As a example that's simple but silly because we already have integer addition, we might want to implement unary addition in Dusa:

add z N is N.
add (s N) M is (s P) :- add N M is P.

b P :- a N, a M, add N M is P, c P.

This doesn't work for two reasons:

  1. The first rule isn't range restricted.
  2. The second rule, if it can fire at all, will fire in an unrestricted manner.

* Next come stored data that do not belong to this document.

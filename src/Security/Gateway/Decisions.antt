-- ===== src/Security/Gateway/Decisions.antt =====
-- When the gateway authorizes a call.
use tiny_mite.Crates.{Crates}
use tiny_mite.Security.Capability.{Capability, CapabilityToken, is_valid}
use tiny_mite.Security.Policy.{SecurityPolicy}
use tiny_mite.Security.Policy.Access.{HoldsAll}
use tiny_mite.Security.Gateway.{
  GatewayDecision, Reading, risk_level_value, required_caps, missing_cap, decide_call,
}
use tiny_mite.Tools.Definition.{ToolDefinition}
use tiny_mite.Prelude.{◌≤◌, ◌≡◌, refl, ◌↔◌, ◌⊎◌, true, false, String, none, List, [], ◌∷◌, arith}

module _ (X : Crates) where
  missing_cap_iff :
      (t : CapabilityToken X) (caps : List Capability)
      → (missing_cap X t caps ≡ none) ↔ HoldsAll X t caps
  unfolding missing_cap
  missing_cap_iff t [] = (λ _. tt, λ _. refl)
  missing_cap_iff t (cap ∷ caps) = (
    λ h. ground (arith, (missing_cap_iff t caps).0),
    λ h. ground (arith, (missing_cap_iff t caps).1 h.1),
  )

  -- What a call needs to be authorized.
  pub record Permitted (policy : SecurityPolicy) (now : X.Time) (tool : ToolDefinition X)
      (t : CapabilityToken X) : Type 0 where
    pub valid : is_valid X now t ≡ true
    pub risk_allowed : risk_level_value tool.risk_level ≤ t.max_risk_level
    pub caps_held : HoldsAll X t (required_caps tool.name)
    pub no_approval :
        (tool.requires_approval ≡ false)
        ⊎ (risk_level_value tool.risk_level ≤ policy.auto_approve_risk_limit)

  -- A call is authorized exactly if the token is valid, its risk limit admits the tool, it holds
  -- every capability that the tool's name requires, and the tool needs no approval or its risk is
  -- within the automatic limit.
  pub authorized_iff :
      (policy : SecurityPolicy) (r : Reading X) (tool : ToolDefinition X) (t : CapabilityToken X)
      (subject : String)
      → ((decide_call X policy r tool t subject).0 ≡ GatewayDecision.authorized)
        ↔ Permitted policy r.checked_at tool t
  unfolding decide_call
  authorized_iff policy r tool t subject = (
    λ h. ground (arith, (missing_cap_iff t (required_caps tool.name)).0),
    λ p. ground (arith, (missing_cap_iff t (required_caps tool.name)).1 p.caps_held),
  )

  -- The audited entry says that the call was allowed exactly if the decision is to authorize it.
  pub allowed_iff :
      (policy : SecurityPolicy) (r : Reading X) (tool : ToolDefinition X) (t : CapabilityToken X)
      (subject : String)
      → ((decide_call X policy r tool t subject).1.allowed ≡ true)
        ↔ ((decide_call X policy r tool t subject).0 ≡ GatewayDecision.authorized)
  unfolding decide_call
  allowed_iff policy r tool t subject = (λ h. ground arith, λ h. ground arith)
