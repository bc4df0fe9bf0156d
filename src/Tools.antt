-- ===== src/Tools.antt =====
-- crates/tiny-mite-tools: tool definitions, the tool registry and user approvals.
pub mod Definition
pub mod Registry
pub mod Approval
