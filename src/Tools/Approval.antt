-- ===== src/Tools/Approval.antt =====
-- crates/tiny-mite-tools/src/approval.rs: requests for the user's approval.
use tiny_mite.Crates.{Crates}
use tiny_mite.Prelude.{
  ℕ, Bool, true, false, String, Option, List, [], map, retain, length, adjust, insert, lookup,
  string_eq,
}

pub data ApprovalState : Type 0 where
  pending approved denied timeout : ApprovalState

pub record ApprovalRequest (X : Crates) : Type 0 where
  pub id : String
  pub tool_id : X.Uuid
  pub description : String
  pub risk_level : String
  pub subject : String
  pub state : ApprovalState
  pub created_at : X.Time

pub record ApprovalManager (X : Crates) : Type 0 where
  pub requests : List (String × ApprovalRequest X)
  pub auto_approve_low_risk : Bool

abbrev pub is_pending : ApprovalState → Bool
is_pending ApprovalState.pending = true
is_pending _ = false

module _ (X : Crates) where
  unfoldable pub new_manager : ApprovalManager X
  new_manager = record { requests = []; auto_approve_low_risk = true }

  -- `submit`, with the fresh identifier and the clock.
  unfoldable pub submit :
      ApprovalManager X
      → X.Uuid
      → X.Time
      → X.Uuid
      → String
      → String
      → String
      → String × ApprovalManager X
  submit m fresh now tool_id description risk_level subject =
      let id : String = X.uuid_text fresh in
      (
        id,
        record m {
          requests =
              insert id
                (record {
                  id = id;
                  tool_id = tool_id;
                  description = description;
                  risk_level = risk_level;
                  subject = subject;
                  state = ApprovalState.pending;
                  created_at = now;
                })
                m.requests;
        },
      )

  unfoldable pub set_state :
      ApprovalState → ApprovalManager X → String → Option (ApprovalRequest X) × ApprovalManager X
  set_state s m id =
      let after : List (String × ApprovalRequest X) =
        adjust id (λ r. record r { state = s }) m.requests in
      (lookup id after, record m { requests = after })

  -- `approve` and `deny`.
  abbrev pub approve : ApprovalManager X → String → Option (ApprovalRequest X) × ApprovalManager X
  approve = set_state ApprovalState.approved

  abbrev pub deny : ApprovalManager X → String → Option (ApprovalRequest X) × ApprovalManager X
  deny = set_state ApprovalState.denied

  unfoldable pub get : ApprovalManager X → String → Option (ApprovalRequest X)
  get m id = lookup id m.requests

  unfoldable pub pending_requests : ApprovalManager X → List (ApprovalRequest X)
  pending_requests m = retain (λ r. is_pending r.state) (map (λ e. e.1) m.requests)

  unfoldable pub pending_count : ApprovalManager X → ℕ
  unfolding pending_requests
  pending_count m = length (pending_requests m)

  unfoldable pub set_auto_approve : ApprovalManager X → Bool → ApprovalManager X
  set_auto_approve m enabled = record m { auto_approve_low_risk = enabled }
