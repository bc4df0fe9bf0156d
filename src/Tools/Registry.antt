-- ===== src/Tools/Registry.antt =====
-- crates/tiny-mite-tools/src/registry.rs: the tool registry.
use tiny_mite.Crates.{Crates}
use tiny_mite.Tools.Definition.{ToolDefinition}
use tiny_mite.Prelude.{
  String, Option, List, [], map, contains, retain, insert, lookup, remove, string_eq,
}

module _ (X : Crates) where
  pub record ToolRegistry : Type 0 where
    pub tools : List (X.Uuid × ToolDefinition X)

  unfoldable pub new_registry : ToolRegistry
  new_registry = record { tools = [] }

  unfoldable pub register : ToolRegistry → ToolDefinition X → ToolRegistry
  register r tool = record { tools = insert ⦃e = X.uuid_eq⦄ tool.id tool r.tools }

  unfoldable pub get : ToolRegistry → X.Uuid → Option (ToolDefinition X)
  get r id = lookup ⦃e = X.uuid_eq⦄ id r.tools

  unfoldable pub unregister : ToolRegistry → X.Uuid → Option (ToolDefinition X) × ToolRegistry
  unregister r id =
      (lookup ⦃e = X.uuid_eq⦄ id r.tools, record { tools = remove ⦃e = X.uuid_eq⦄ id r.tools })

  unfoldable pub find_by_capability : ToolRegistry → String → List (ToolDefinition X)
  find_by_capability r cap = retain (λ t. contains t.capabilities cap) (map (λ e. e.1) r.tools)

The demand/magic sets transformation introduces a new predicate, needAdd. It uses the invariant that we will only introduce a fact of the form add t1 t2 is X if the database already includes a fact of the form needAdd t1 t2. Uses of the demanded add relation in premises require us to add new rules that derive needAdd:

add z N is N :-
   needAdd z N.

needAdd N M :-
   needAdd (s N) M.
add (s N) M is (s P) :-
   add N M is P.

needAdd N M :-
   a N, a M.
b P :-
   a N, a M, add N M is P, c P.

This transformation has the same vibe as the one that translates ASP to Dusa - a negated premise represents a "demand that this attribute potentially be ff"

Note on the literature: I thought "magic sets" and "demand transformation" were the same thing, but according to the "Datalog: concepts, history, and outlook" paper they are different. Possibly they're the same when restricted to operating with functional predicates in the way I'm proposing.